Тучи набухли, словно бы опустились ниже, дождь хлынул косой и сильный.

— Пойдёмте к нам от дождя! — позвал Нурулла.

Мужчины, зайдя под навес, выкурили по самокрутке, потом, когда и навес протёк, побежали в правление.

Дождь лил всю ночь. Под утро Нурулла снова вышел в поле. На глинистой земле образовались лужи, по бороздам спешили бурлящие коричневые ручьи. А дождь и не думал переставать. Нурулла вернулся обеспокоенный.

— Лишнего льёт, мать… Как бы плохо не вышло.

Дождь прекратился к утру, засияло солнце. Три дня подряд немилосердно пекло солнце, три дня ходил над полями суховей. Поля взялись ровной, как доска, коркой, пшеница не проклёвывалась.

На третий день в деревню прибыл уполномоченный из района. Войдя в правление, Исхак увидел сидевшего за столом Мунира Тазюкова. На Мунире был хороший синий костюм, лицо у него стало сытым и круглым, обозначилось и брюшко.

— Познакомьтесь, наш практикант, молодой агроном Исхак Батуллин, — представил его Хусаин. — А это товарищ Тазюков, уполномоченный.

Тазюков вроде бы не узнал Исхака — наверное, он и думать забыл о случайном попутчике. Они пожали друг другу руки, уполномоченный поинтересовался, хорошо ли идут дела.
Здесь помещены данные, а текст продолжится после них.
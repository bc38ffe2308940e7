-- ===== src/User/Totp/Tests.antt =====
-- packages/user/src/mfa/totp.ts on concrete inputs: the example of RFC 4226, and a toy HMAC, which
-- appends the counter to the key.
use aoothjs.Base.{
  units, ℕ, ◌+◌, ◌≡◌, refl, none, some, List, [], ◌∷◌, ◌++◌, arith, Text, text_eq, nat_eq,
  string_eq,
}
use aoothjs.User.Totp.Utf8.{utf8}
use aoothjs.RateLimit.Rules.Numbers.{print}
use aoothjs.User.Totp.{
  TotpConfig, counter_bytes, byte_at, truncated, pad_start, code_text, hotp_code,
  generate_totp_code, step_code, scan, verify_totp_code, generate_mfa_code,
}
use aoothjs.User.Totp.Window.{IsCurrent}
use aoothjs.User.Totp.Accept.{verify_totp_code-IsCurrent, verify_totp_code-generate_totp_code}

abbrev rfc_digest : List ℕ
rfc_digest =
    0x1f ∷ 0x86 ∷ 0x98 ∷ 0x69 ∷ 0x0e ∷ 0x02 ∷ 0xca ∷ 0x16 ∷ 0x61 ∷ 0x85 ∷ 0x50 ∷ 0xef ∷ 0x7f ∷ 0x19
    ∷ 0xda ∷ 0x8e ∷ 0x94 ∷ 0x5b ∷ 0x55 ∷ 0x5a ∷ []

rfc_truncated : truncated rfc_digest ≡ 0x50ef7f19
unfolding truncated byte_at
rfc_truncated = refl

rfc_code : code_text 6 rfc_digest ≡ units "872921"
unfolding code_text pad_start print truncated byte_at units
rfc_code = refl

padded_code : pad_start 6 48 (units "42") ≡ units "000042"
unfolding pad_start units
padded_code = refl

wide_bytes :
    utf8 (0x41 ∷ 0xE9 ∷ 0x20AC ∷ 0xD83D ∷ 0xDE00 ∷ 0xD83D ∷ [])
    ≡ 0x41 ∷ 0xC3 ∷ 0xA9 ∷ 0xE2 ∷ 0x82 ∷ 0xAC ∷ 0xF0 ∷ 0x9F ∷ 0x98 ∷ 0x80 ∷ 0xEF ∷ 0xBF ∷ 0xBD ∷ []
unfolding utf8
wide_bytes = refl

too_late : counter_bytes 0x10000000000000000 ≡ none
unfolding counter_bytes
too_late = refl

drawn_code : generate_mfa_code (λ i. i + 3) 4 ≡ units "3456"
unfolding generate_mfa_code print units
drawn_code = refl

abbrev decoded : Text → List ℕ
decoded secret = secret

abbrev toy_hmac : List ℕ → List ℕ → List ℕ
toy_hmac key bytes = key ++ bytes

abbrev plain : TotpConfig
plain = record { period = none; digits = none; window = none }

abbrev secret : Text
secret = 1 ∷ 2 ∷ 3 ∷ 4 ∷ 5 ∷ 6 ∷ 7 ∷ 8 ∷ 9 ∷ 10 ∷ 11 ∷ 12 ∷ []

-- the code of the step at 60 seconds
abbrev sent_code : Text
sent_code = units "595078"

made_code : generate_totp_code decoded toy_hmac 60000 secret plain ≡ some sent_code
unfolding generate_totp_code hotp_code counter_bytes code_text pad_start print truncated byte_at
    units
made_code = refl

verify_totp_code-generate_totp_code_example :
    (c : ℕ) × (verify_totp_code decoded toy_hmac 95000 secret sent_code plain ≡ some (some c))
    × IsCurrent decoded toy_hmac (decoded secret) 6 1 3 sent_code c
verify_totp_code-generate_totp_code_example =
    verify_totp_code-generate_totp_code decoded toy_hmac 95000 60000 secret sent_code plain
      (omega arith) made_code (omega arith) (omega arith) (omega arith) (omega arith)

verified_code : verify_totp_code decoded toy_hmac 95000 secret sent_code plain ≡ some (some 2)
unfolding verify_totp_code scan step_code hotp_code counter_bytes code_text pad_start print
    truncated byte_at utf8 units
verified_code = refl

verify_totp_code-IsCurrent_example : IsCurrent decoded toy_hmac (decoded secret) 6 1 3 sent_code 2
verify_totp_code-IsCurrent_example =
    verify_totp_code-IsCurrent decoded toy_hmac 95000 secret sent_code plain 2 verified_code

-- the clock's first steps have no counter before them
first_steps : verify_totp_code decoded toy_hmac 5000 secret sent_code plain ≡ none
unfolding verify_totp_code scan step_code units
first_steps = refl
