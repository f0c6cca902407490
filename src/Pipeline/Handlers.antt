-- ===== src/Pipeline/Handlers.antt =====
-- src/venues/runner.cc: what each handler of the runner pushes, and so what each step of it pushes.
use mathlib.Core.List.{append-nil}
use home_assignment.Common.{
  ℕ, ◌+◌, ◌≡◌, sym, ◌∙◌, Bool, true, false, not, ◌||◌, List, [], ◌∷◌, if◌then◌else◌, ◌==◌, arith,
}
use home_assignment.Common.Lists.{All}
use home_assignment.Common.Int.{ℤ, pos, ◌-ℤ◌, eq_ℤ, leb_ℤ}
use home_assignment.Venues.{FeedUpdate, FrameVerdict, ok, needs_resync, parse_error, fatal}
use home_assignment.Engine.Books.{Ingested}
use home_assignment.Runner.{
  disconnected, syncing, stale, Protocol, keeps_alive, fails_fatally, back, Options, VenueRunner,
  Answers, note, set_state, arm_watchdog, on_close, closed_by, close_connection, fetch_snapshot,
  publish, send_all, on_open, after_snapshot, on_snapshot, note_exchange, frame_updates,
  after_frame, on_frame, on_watchdog, on_reconnect, stop, halt, Event, opened, frame_comes, closed,
  snapshot_comes, watchdog_ends, reconnect_ends, stop_called, stop_runs, step, new_runner, start,
}
use home_assignment.Pipeline.Laws.{FeedLaws}
use home_assignment.Pipeline.Sending.{
  allowed, Pushing, on_close-Pushing, close_connection-Pushing, arm_watchdog-Pushing,
  connect-Pushing, fetch_snapshot-Pushing, resync-Pushing, lift-Pushing, publish-Pushing,
  live_if_synced-Pushing, send_all-Pushing, if-Pushing,
}

module _ (p : Protocol) {Good : p.State → Type 0} (laws : FeedLaws p Good) (draw : ℕ → ℕ → ℕ)
    (before : List (List FeedUpdate)) where
  on_open-Pushing :
      (n : ℕ) (a : Answers) (r : VenueRunner p.State)
      → Pushing p laws draw before n r
      → Pushing p laws draw before n (on_open p draw a r)
  unfolding on_open set_state
  on_open-Pushing n a r v =
      let sent = send_all p draw p.subscribe_frames (set_state syncing r) in
      let subscribed = note (keeps_alive p.keepalive_frame p.keepalive_interval) sent in
      let w = send_all-Pushing p laws draw before n p.subscribe_frames (set_state syncing r) v in
      if-Pushing p laws draw before n p.needs_rest_snapshot (fetch_snapshot p draw a subscribed)
        subscribed (fetch_snapshot-Pushing p laws draw before n a subscribed w) w

  after_snapshot-Pushing :
      (a : Answers) (verdict : FrameVerdict) (out : List FeedUpdate) (r : VenueRunner p.State)
      → All Ingested out
      → Pushing p laws draw before 0 r
      → Pushing p laws draw before (allowed a.room) (after_snapshot p draw a verdict out r)
  after_snapshot-Pushing a ok out r good v =
      live_if_synced-Pushing p laws draw before (allowed a.room) (publish p draw a out r)
        (publish-Pushing p laws draw before a out r good v)
  after_snapshot-Pushing a needs_resync out r good v =
      resync-Pushing p laws draw before (allowed a.room) a r
        (lift-Pushing p laws draw before (allowed a.room) r v)
  after_snapshot-Pushing a parse_error out r good v =
      resync-Pushing p laws draw before (allowed a.room) a r
        (lift-Pushing p laws draw before (allowed a.room) r v)
  after_snapshot-Pushing a fatal out r good v =
      resync-Pushing p laws draw before (allowed a.room) a r
        (lift-Pushing p laws draw before (allowed a.room) r v)

  on_snapshot-Pushing :
      (a : Answers) (succeeded : Bool) (body : List ℕ) (r : VenueRunner p.State)
      → Pushing p laws draw before 0 r
      → Pushing p laws draw before (allowed a.room) (on_snapshot p draw a succeeded body r)
  unfolding on_snapshot
  on_snapshot-Pushing a succeeded body r (g, s) =
      let o = p.on_rest_snapshot r.protocol body a.now in
      let fetched = record r { protocol = o.state } in
      let kept = laws.on_rest_snapshot-Good r.protocol body a.now g in
      let n = allowed a.room in
      let v = lift-Pushing p laws draw before n r (g, s) in
      if-Pushing p laws draw before n r.stopping r
        (if not succeeded
          then on_close p draw r
          else after_snapshot p draw a o.verdict o.out fetched)
        v
        (if-Pushing p laws draw before n (not succeeded) (on_close p draw r)
          (after_snapshot p draw a o.verdict o.out fetched)
          (on_close-Pushing p laws draw before n r v)
          (after_snapshot-Pushing a o.verdict o.out fetched kept.1 (kept.0, s)))

  note_exchange-Pushing :
      (n : ℕ) (ts : ℤ) (r : VenueRunner p.State)
      → Pushing p laws draw before n r
      → Pushing p laws draw before n (note_exchange p draw ts r)
  note_exchange-Pushing n ts r v = if-Pushing p laws draw before n (not (eq_ℤ ts (pos 0))) _ _ v v

  frame_updates-Pushing :
      (a : Answers) (out : List FeedUpdate) (r : VenueRunner p.State)
      → All Ingested out
      → Pushing p laws draw before 0 r
      → Pushing p laws draw before (allowed a.room) (frame_updates p draw a out r)
  frame_updates-Pushing a [] r good v = lift-Pushing p laws draw before (allowed a.room) r v
  frame_updates-Pushing a (u ∷ us) r good v =
      let noted = note_exchange p draw (back u us).exchange_ts_ns r in
      live_if_synced-Pushing p laws draw before (allowed a.room) (publish p draw a (u ∷ us) noted)
        (publish-Pushing p laws draw before a (u ∷ us) noted good (note_exchange-Pushing 0 _ r v))

  after_frame-Pushing :
      (a : Answers) (verdict : FrameVerdict) (out : List FeedUpdate) (r : VenueRunner p.State)
      → All Ingested out
      → Pushing p laws draw before 0 r
      → Pushing p laws draw before (allowed a.room) (after_frame p draw a verdict out r)
  after_frame-Pushing a ok out r good v = frame_updates-Pushing a out r good v
  after_frame-Pushing a needs_resync out r good v =
      resync-Pushing p laws draw before (allowed a.room) a
        (record r { sequence_gaps = r.sequence_gaps + 1 })
        (lift-Pushing p laws draw before (allowed a.room) r v)
  after_frame-Pushing a parse_error out r good v =
      resync-Pushing p laws draw before (allowed a.room) a
        (record r { parse_errors = r.parse_errors + 1 })
        (lift-Pushing p laws draw before (allowed a.room) r v)
  after_frame-Pushing a fatal out r good v =
      close_connection-Pushing p laws draw before (allowed a.room) a
        (record r { failed = true; state = disconnected; log = fails_fatally ∷ r.log })
        (lift-Pushing p laws draw before (allowed a.room) r v)

  on_frame-Pushing :
      (a : Answers) (frame : List ℕ) (r : VenueRunner p.State)
      → Pushing p laws draw before 0 r
      → Pushing p laws draw before (allowed a.room) (on_frame p draw a frame r)
  unfolding on_frame
  on_frame-Pushing a frame r (g, s) =
      let o = p.on_frame r.protocol frame a.now in
      let kept = laws.on_frame-Good r.protocol frame a.now g in
      after_frame-Pushing a o.verdict o.out
        (record r {
          last_activity = a.now;
          messages = r.messages + 1;
          last_recv_ts_ns = a.now;
          protocol = o.state;
        })
        kept.1 (kept.0, s)

  on_watchdog-Pushing :
      (n : ℕ) (a : Answers) (cancelled : Bool) (r : VenueRunner p.State)
      → Pushing p laws draw before n r
      → Pushing p laws draw before n (on_watchdog p draw a cancelled r)
  unfolding on_watchdog set_state
  on_watchdog-Pushing n a cancelled r v =
      let waited = record r { watchdog_waits = false } in
      let silent = record waited { state = stale } in
      let watched =
        if leb_ℤ r.silence_timeout (a.now -ℤ r.last_activity)
        then close_connection p draw a silent
        else arm_watchdog waited in
      if-Pushing p laws draw before n (cancelled || r.stopping || r.failed) waited watched v (
        if-Pushing p laws draw before n (leb_ℤ r.silence_timeout (a.now -ℤ r.last_activity))
          (close_connection p draw a silent) (arm_watchdog waited)
          (close_connection-Pushing p laws draw before n a silent v)
          (arm_watchdog-Pushing p laws draw before n waited v))

  on_reconnect-Pushing :
      (n : ℕ) (a : Answers) (r : VenueRunner p.State)
      → Pushing p laws draw before n r
      → Pushing p laws draw before n (on_reconnect p draw a r)
  unfolding on_reconnect
  on_reconnect-Pushing n a r v =
      if-Pushing p laws draw before n (not r.reconnect_waits || r.stopping) _ _ v
        (connect-Pushing p laws draw before n a (record r { reconnect_waits = false }) v)

  stop-Pushing :
      (n : ℕ) (r : VenueRunner p.State)
      → Pushing p laws draw before n r
      → Pushing p laws draw before n (stop p draw r)
  unfolding stop
  stop-Pushing n r v = if-Pushing p laws draw before n r.stopping _ _ v v

  halt-Pushing :
      (n : ℕ) (a : Answers) (r : VenueRunner p.State)
      → Pushing p laws draw before n r
      → Pushing p laws draw before n (halt p draw a r)
  unfolding halt
  halt-Pushing n a r v =
      close_connection-Pushing p laws draw before n a
        (record r { reconnect_waits = false; watchdog_waits = false }) v

  closed_by-Pushing :
      (n generation : ℕ) (r : VenueRunner p.State)
      → Pushing p laws draw before n r
      → Pushing p laws draw before n (closed_by p draw generation r)
  unfolding closed_by
  closed_by-Pushing n generation r v =
      if-Pushing p laws draw before n (generation == r.reconnect_generation) _ _
        (on_close-Pushing p laws draw before n r v) v

  pub step-Pushing :
      (e : Event) (a : Answers) (r : VenueRunner p.State)
      → Pushing p laws draw before 0 r
      → Pushing p laws draw before (allowed a.room) (step p draw e a r)
  unfolding step
  step-Pushing opened a r v =
      on_open-Pushing (allowed a.room) a r (lift-Pushing p laws draw before (allowed a.room) r v)
  step-Pushing (frame_comes frame) a r v = on_frame-Pushing a frame r v
  step-Pushing (closed generation) a r v =
      closed_by-Pushing (allowed a.room) generation r
        (lift-Pushing p laws draw before (allowed a.room) r v)
  step-Pushing (snapshot_comes succeeded body) a r v = on_snapshot-Pushing a succeeded body r v
  step-Pushing (watchdog_ends cancelled) a r v =
      on_watchdog-Pushing (allowed a.room) a cancelled r
        (lift-Pushing p laws draw before (allowed a.room) r v)
  step-Pushing reconnect_ends a r v =
      on_reconnect-Pushing (allowed a.room) a r
        (lift-Pushing p laws draw before (allowed a.room) r v)
  step-Pushing stop_called a r v =
      stop-Pushing (allowed a.room) r (lift-Pushing p laws draw before (allowed a.room) r v)
  step-Pushing stop_runs a r v =
      if-Pushing p laws draw before (allowed a.room) r.stopping (halt p draw a r) r
        (halt-Pushing (allowed a.room) a r (lift-Pushing p laws draw before (allowed a.room) r v))
        (lift-Pushing p laws draw before (allowed a.room) r v)

  pub start-Pushing :
      (options : Options) (a : Answers) (s : p.State)
      → Good s
      → before ≡ []
      → Pushing p laws draw before 0 (start p draw options a s)
  unfolding start new_runner
  start-Pushing options a s g e =
      connect-Pushing p laws draw before 0 a (new_runner options a.now s)
        (g, ([], sym e ∙ sym (append-nil before), omega arith, tt))
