-- ===== src/Pipeline/Invariant.antt =====
-- What every step of the pipeline keeps.
use mathlib.Core.List.{append-nil, append_assoc}
use home_assignment.Common.{
  ℕ, ◌≤◌, ◌≡◌, refl, sym, ap, subst, ◌∙◌, Bool, true, false, not, List, [], ◌∷◌, ◌++◌, map, Option,
  none, some, if◌then◌else◌, leb, ◌==◌, arith,
}
use home_assignment.Common.Lists.{All, All-append, length, length-append, get_elem?, drop}
use home_assignment.Venues.{FeedUpdate}
use home_assignment.Engine.{Venue, Engine, ConsolidatedBook, apply, publish_book}
use home_assignment.Engine.Books.{Ingested}
use home_assignment.Engine.Loop.{FeedBatch}
use home_assignment.Runner.{Protocol, Options, Answers}
use home_assignment.Pipeline.{
  start_pipeline, Pipeline, ring_capacity, batches, batch_of, take_batch, keep_engine, Event, feeds,
  takes, takes_other, publishes, step, run,
}
use home_assignment.Pipeline.Laws.{FeedLaws}
use home_assignment.Pipeline.Sending.{allowed}
use home_assignment.Pipeline.Handlers.{step-Pushing, start-Pushing}
use home_assignment.Pipeline.Carrying.{
  map_batches, map_updates, map_batches-snoc, map_batches-nil, get_elem?-update_venue,
  get_elem?-update_venue_other, drop-append, finish_publish-venues, length-map_batch,
  map_batch-append, none_waits,
}

module _ (p : Protocol) {Good : p.State → Type 0} (laws : FeedLaws p Good) (draw : ℕ → ℕ → ℕ)
    (i : ℕ) (before : Option Venue) where
  -- The runner's batches are those applied and those that wait, all of levels that passed
  -- ingestion.
  pub record Inv (s : Pipeline p.State) : Type 0 where
    pub index : s.venue_index ≡ i
    pub good : Good s.runner.protocol
    pub applied : List (List FeedUpdate)
    pub waiting : List (List FeedUpdate)
    pub sent : batches s.runner.log ≡ applied ++ waiting
    pub ring : s.ring ≡ map (batch_of i) waiting
    pub bounded : length waiting ≤ ring_capacity
    pub ingested : All (All Ingested) waiting
    pub venue : get_elem? s.engine.venues i ≡ map_batches applied before

  -- What the handler pushed fits.
  pub room_bound :
      (ring : List FeedBatch) (waiting more : List (List FeedUpdate))
      → ring ≡ map (batch_of i) waiting
      → length waiting ≤ ring_capacity
      → length more ≤ allowed (not (leb ring_capacity (length ring)))
      → length (waiting ++ more) ≤ ring_capacity
  room_bound ring waiting more e h k =
      let same = ap length e ∙ length-map_batch i waiting in
      ground (arith, same, h, k, length-append waiting more)

  if-Inv :
      (b : Bool) (x y : Pipeline p.State) → Inv x → (b ≡ false → Inv y) → Inv (if b then x else y)
  if-Inv true x y h k = h
  if-Inv false x y h k = k refl

  take_batch-Inv :
      (s : Pipeline p.State) (applied waiting : List (List FeedUpdate))
      → s.venue_index ≡ i
      → Good s.runner.protocol
      → batches s.runner.log ≡ applied ++ waiting
      → s.ring ≡ map (batch_of i) waiting
      → length waiting ≤ ring_capacity
      → All (All Ingested) waiting
      → get_elem? s.engine.venues i ≡ map_batches applied before
      → Inv (take_batch s.ring s)
  take_batch-Inv s applied [] index good sent ring few ingested venue =
      subst (λ bs. Inv (take_batch bs s)) (sym ring)
        (record {
          index = index;
          good = good;
          applied = applied;
          waiting = [];
          sent = sent;
          ring = ring;
          bounded = few;
          ingested = tt;
          venue = venue;
        })
  take_batch-Inv s applied (us ∷ waiting) index good sent ring few ingested venue =
      subst (λ bs. Inv (take_batch bs s)) (sym ring)
        (record {
          index = index;
          good = good;
          applied = applied ++ us ∷ [];
          waiting = waiting;
          sent = sent ∙ sym (append_assoc applied (us ∷ []) waiting);
          ring = refl;
          bounded = omega (arith, few);
          ingested = ingested.1;
          venue =
              unfold apply in
              (get_elem?-update_venue i us s.engine.venues
                ∙ ap (map_updates us) venue
                ∙ map_batches-snoc applied us before);
        })

  other-Inv :
      (s : Pipeline p.State) (j : ℕ) (us : List FeedUpdate)
      → Inv s
      → j == s.venue_index ≡ false
      → Inv (record s { engine = apply s.engine j us })
  other-Inv s j us v h = record {
    index = v.index;
    good = v.good;
    applied = v.applied;
    waiting = v.waiting;
    sent = v.sent;
    ring = v.ring;
    bounded = v.bounded;
    ingested = v.ingested;
    venue =
        unfold apply in
        (get_elem?-update_venue_other j i us s.engine.venues (subst (λ k. j == k ≡ false) v.index h)
          ∙ v.venue);
  }

  keep_engine-Inv :
      (s : Pipeline p.State) (r : Option (ConsolidatedBook × Engine))
      → Inv s
      → (keep_engine r s).engine.venues ≡ s.engine.venues
      → Inv (keep_engine r s)
  keep_engine-Inv s none v same = v
  keep_engine-Inv s (some (book, e)) v same = record {
    index = v.index;
    good = v.good;
    applied = v.applied;
    waiting = v.waiting;
    sent = v.sent;
    ring = v.ring;
    bounded = v.bounded;
    ingested = v.ingested;
    venue = ap (λ vs. get_elem? vs i) same ∙ v.venue;
  }

  pub step-Inv : (e : Event) (s : Pipeline p.State) → Inv s → Inv (step p draw e s)
  unfolding step
  step-Inv (feeds event a) s v =
      let answers = record a { room = not (leb ring_capacity (length s.ring)) } in
      let (good, (more, sent, few, ingested)) =
        step-Pushing p laws draw (batches s.runner.log) event answers s.runner
          (v.good, ([], sym (append-nil (batches s.runner.log)), omega arith, tt)) in
      record {
        index = v.index;
        good = good;
        applied = v.applied;
        waiting = v.waiting ++ more;
        sent = sent ∙ ap (λ bs. bs ++ more) v.sent ∙ append_assoc v.applied v.waiting more;
        ring =
            ap
              (λ bs.
                s.ring ++ map (batch_of s.venue_index) (drop (length (batches s.runner.log)) bs))
              sent
            ∙ ap (λ bs. s.ring ++ map (batch_of s.venue_index) bs)
                (drop-append (batches s.runner.log) more)
            ∙ ap (λ k. s.ring ++ map (batch_of k) more) v.index
            ∙ ap (λ bs. bs ++ map (batch_of i) more) v.ring
            ∙ sym (map_batch-append i v.waiting more);
        bounded = room_bound s.ring v.waiting more v.ring v.bounded few;
        ingested = All-append (All Ingested) v.waiting more v.ingested ingested;
        venue = v.venue;
      }
  step-Inv takes s v =
      take_batch-Inv s v.applied v.waiting v.index v.good v.sent v.ring v.bounded v.ingested v.venue
  step-Inv (takes_other j us) s v =
      if-Inv (j == s.venue_index) s (record s { engine = apply s.engine j us }) v
        (other-Inv s j us v)
  step-Inv (publishes states now wall) s v =
      keep_engine-Inv s (publish_book s.engine states now wall) v
        (unfold publish_book in finish_publish-venues s now wall _ _)

  pub run-Inv : (es : List Event) (s : Pipeline p.State) → Inv s → Inv (run p draw es s)
  unfolding run
  run-Inv [] s v = v
  run-Inv (e ∷ es) s v = run-Inv es (step p draw e s) (step-Inv e s v)

module _ (p : Protocol) {Good : p.State → Type 0} (laws : FeedLaws p Good) (draw : ℕ → ℕ → ℕ) where
  pub start-Inv :
      (options : Options) (a : Answers) (s : p.State) (i : ℕ) (e : Engine)
      → Good s
      → Inv p laws draw i (get_elem? e.venues i) (start_pipeline p draw options a s i e)
  start-Inv options a s i e good =
      let (kept, (more, sent, few, ingested)) =
        start-Pushing p laws draw [] options a s good refl in
      record {
        index = refl;
        good = kept;
        applied = [];
        waiting = more;
        sent = sent;
        ring = none_waits i more few;
        bounded = omega (arith, few);
        ingested = ingested;
        venue = map_batches-nil (get_elem? e.venues i);
      }
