-- ===== src/Pipeline/Delivery.antt =====
-- From a venue's connection to its book in the engine: what the ring carries across.
use home_assignment.Common.{
  ℕ, ◌≤◌, ◌≡◌, sym, subst, Bool, true, false, List, [], ◌∷◌, ◌++◌, map, Option, if◌then◌else◌, ◌==◌,
}
use home_assignment.Common.Lists.{All, length, get_elem?}
use home_assignment.Venues.{FeedUpdate}
use home_assignment.Engine.{Venue, Engine, apply, publish_book}
use home_assignment.Engine.Books.{BooksPass, Ingested, apply-BooksPass}
use home_assignment.Runner.{Protocol, Options, Answers}
use home_assignment.Pipeline.{
  start_pipeline, Pipeline, ring_capacity, batches, batch_of, take_batch, Event, feeds, takes,
  takes_other, publishes, step, run,
}
use home_assignment.Pipeline.Laws.{FeedLaws}
use home_assignment.Pipeline.Carrying.{map_batches, finish_publish-venues}
use home_assignment.Pipeline.Invariant.{Inv, step-Inv, run-Inv, start-Inv}

-- The runner's batches are those that the engine has applied to the venue, then those that wait in
-- the ring, which is never over its capacity.
pub record Delivers (p : Protocol) (i : ℕ) (before : Option Venue) (s : Pipeline p.State)
    : Type 0 where
  pub applied : List (List FeedUpdate)
  pub waiting : List (List FeedUpdate)
  pub sent : batches s.runner.log ≡ applied ++ waiting
  pub ring : s.ring ≡ map (batch_of i) waiting
  pub bounded : length waiting ≤ ring_capacity
  pub venue : get_elem? s.engine.venues i ≡ map_batches applied before

-- The levels that come from other venues passed ingestion.
abbrev pub Sane : Event → Type 0
Sane (takes_other j us) = All Ingested us
Sane _ = Unit

module _ (p : Protocol) {Good : p.State → Type 0} (laws : FeedLaws p Good) (draw : ℕ → ℕ → ℕ) where
  -- Whatever the venue, the network, the clocks and the engine do, and in whatever order: the
  -- batches that the runner pushed are those that the engine applied to the venue's book, each once
  -- and in the order of the pushes, then those that still wait in the ring, of which there are never
  -- more than its capacity.
  pub run-Delivers :
      (options : Options) (a : Answers) (s : p.State) (i : ℕ) (e : Engine) (es : List Event)
      → Good s
      → Delivers p i (get_elem? e.venues i) (run p draw es (start_pipeline p draw options a s i e))
  run-Delivers options a s i e es good =
      let v =
        run-Inv p laws draw i (get_elem? e.venues i) es _
          (start-Inv p laws draw options a s i e good) in
      record {
        applied = v.applied;
        waiting = v.waiting;
        sent = v.sent;
        ring = v.ring;
        bounded = v.bounded;
        venue = v.venue;
      }

  take_batch-BooksPass :
      (i : ℕ) (s : Pipeline p.State) (waiting : List (List FeedUpdate))
      → s.ring ≡ map (batch_of i) waiting
      → All (All Ingested) waiting
      → BooksPass s.engine.venues
      → BooksPass (take_batch s.ring s).engine.venues
  take_batch-BooksPass i s [] e c h =
      subst (λ bs. BooksPass (take_batch bs s).engine.venues) (sym e) h
  take_batch-BooksPass i s (us ∷ waiting) e c h =
      subst (λ bs. BooksPass (take_batch bs s).engine.venues) (sym e)
        (apply-BooksPass s.engine i us c.0 h)

  if-BooksPass :
      (b : Bool) (x y : Pipeline p.State)
      → BooksPass x.engine.venues
      → BooksPass y.engine.venues
      → BooksPass (if b then x else y).engine.venues
  if-BooksPass true x y h k = h
  if-BooksPass false x y h k = k

  step-BooksPass :
      (i : ℕ) (before : Option Venue) (e : Event) (s : Pipeline p.State)
      → Inv p laws draw i before s
      → Sane e
      → BooksPass s.engine.venues
      → BooksPass (step p draw e s).engine.venues
  unfolding step
  step-BooksPass i before (feeds event a) s v sane h = h
  step-BooksPass i before takes s v sane h = take_batch-BooksPass i s v.waiting v.ring v.ingested h
  step-BooksPass i before (takes_other j us) s v sane h =
      if-BooksPass (j == s.venue_index) s (record s { engine = apply s.engine j us }) h
        (apply-BooksPass s.engine j us sane h)
  step-BooksPass i before (publishes states now wall) s v sane h =
      subst BooksPass (sym (unfold publish_book in finish_publish-venues s now wall _ _)) h

  run-BooksPass_go :
      (i : ℕ) (before : Option Venue) (es : List Event) (s : Pipeline p.State)
      → Inv p laws draw i before s
      → All Sane es
      → BooksPass s.engine.venues
      → BooksPass (run p draw es s).engine.venues
  unfolding run
  run-BooksPass_go i before [] s v sane h = h
  run-BooksPass_go i before (e ∷ es) s v sane h =
      run-BooksPass_go i before es (step p draw e s) (step-Inv p laws draw i before e s v) sane.1
        (step-BooksPass i before e s v sane.0 h)

  -- If the levels of the other venues passed ingestion and the books of the engine pass the check,
  -- they pass it after any events from Start on, whatever the venue sends: the levels of a frame
  -- reach the engine only if they passed ingestion.
  pub run-BooksPass :
      (options : Options) (a : Answers) (s : p.State) (i : ℕ) (e : Engine) (es : List Event)
      → Good s
      → All Sane es
      → BooksPass e.venues
      → BooksPass (run p draw es (start_pipeline p draw options a s i e)).engine.venues
  run-BooksPass options a s i e es good sane h =
      run-BooksPass_go i (get_elem? e.venues i) es _ (start-Inv p laws draw options a s i e good)
        sane h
— Плохо… — сказал Исхак. — Пшеница вот не прорастает.

— Прорастёт… — Тазюков беспечно махнул рукой. — Имейте в виду, ребята, я к вам отдохнуть приехал. Неприятностей и в районе хватает, так что учтите. Квартира хорошая?

— Куктау — не курорт! — резко вставил Исхак.

Но Тазюков, словно бы не обратил внимания на его слова, попросил председателя проводить его на квартиру: он хотел отдохнуть и умыться с дороги.

Хусаин повёл гостя на квартиру, а Исхак снова бросился в поле. На горячей, точно печка, земле кое-где пробились осот и вьюнки. Нежных ростков пшеницы не было ещё нигде. Исхак разрыл землю над бороздой. Семена проклюнулись, но у слабых росточков не хватило силы пробить верхнюю корку. Вскоре к нему присоединился Хусаин.

— Плохо, — не вставая с корточек, сказал Исхак. — Теперь в этой корке образовались невидимые глазу мельчайшие отверстия. Влага ежесекундно испаряется прямо в небо, пропадает зря… Пшеница не прорастёт, Хусаин…

— Может, борону пустить? — спросил подошедший Нурулла.

Исхак и Хусаин поднялись с колен.

— Борона все корни пообрывает, семена наружу вывернет… — покачал головой Хусаин.

— Да нет, он прав, — возразил Исхак. — Доску эту без бороны не пробить.

— Надо с уполномоченным всё же посоветоваться… — Хусаин почесал в затылке. — Раз уж он здесь… Для порядка.

— Зря, Хусаин, — Исхак махнул рукой. — Тазюкова я знаю, хорошего совета от него ждать трудно.

Пошли к Тазюкову. Уполномоченный сам выехал в поле, слез с тарантаса, нагнулся и поцарапал землю концами пальцев, потом отряхнул руку.

— Два-три дня подождать надо, — сказал он, усмехнувшись, и пожал плечами. Глаза у него были скучными и пустыми. — Вы знаете силу растительности: когда она тянется к свету, то ломает даже асфальт. А тут земля. Вот так, председатель, с тебя бишбармак из жирного петуха.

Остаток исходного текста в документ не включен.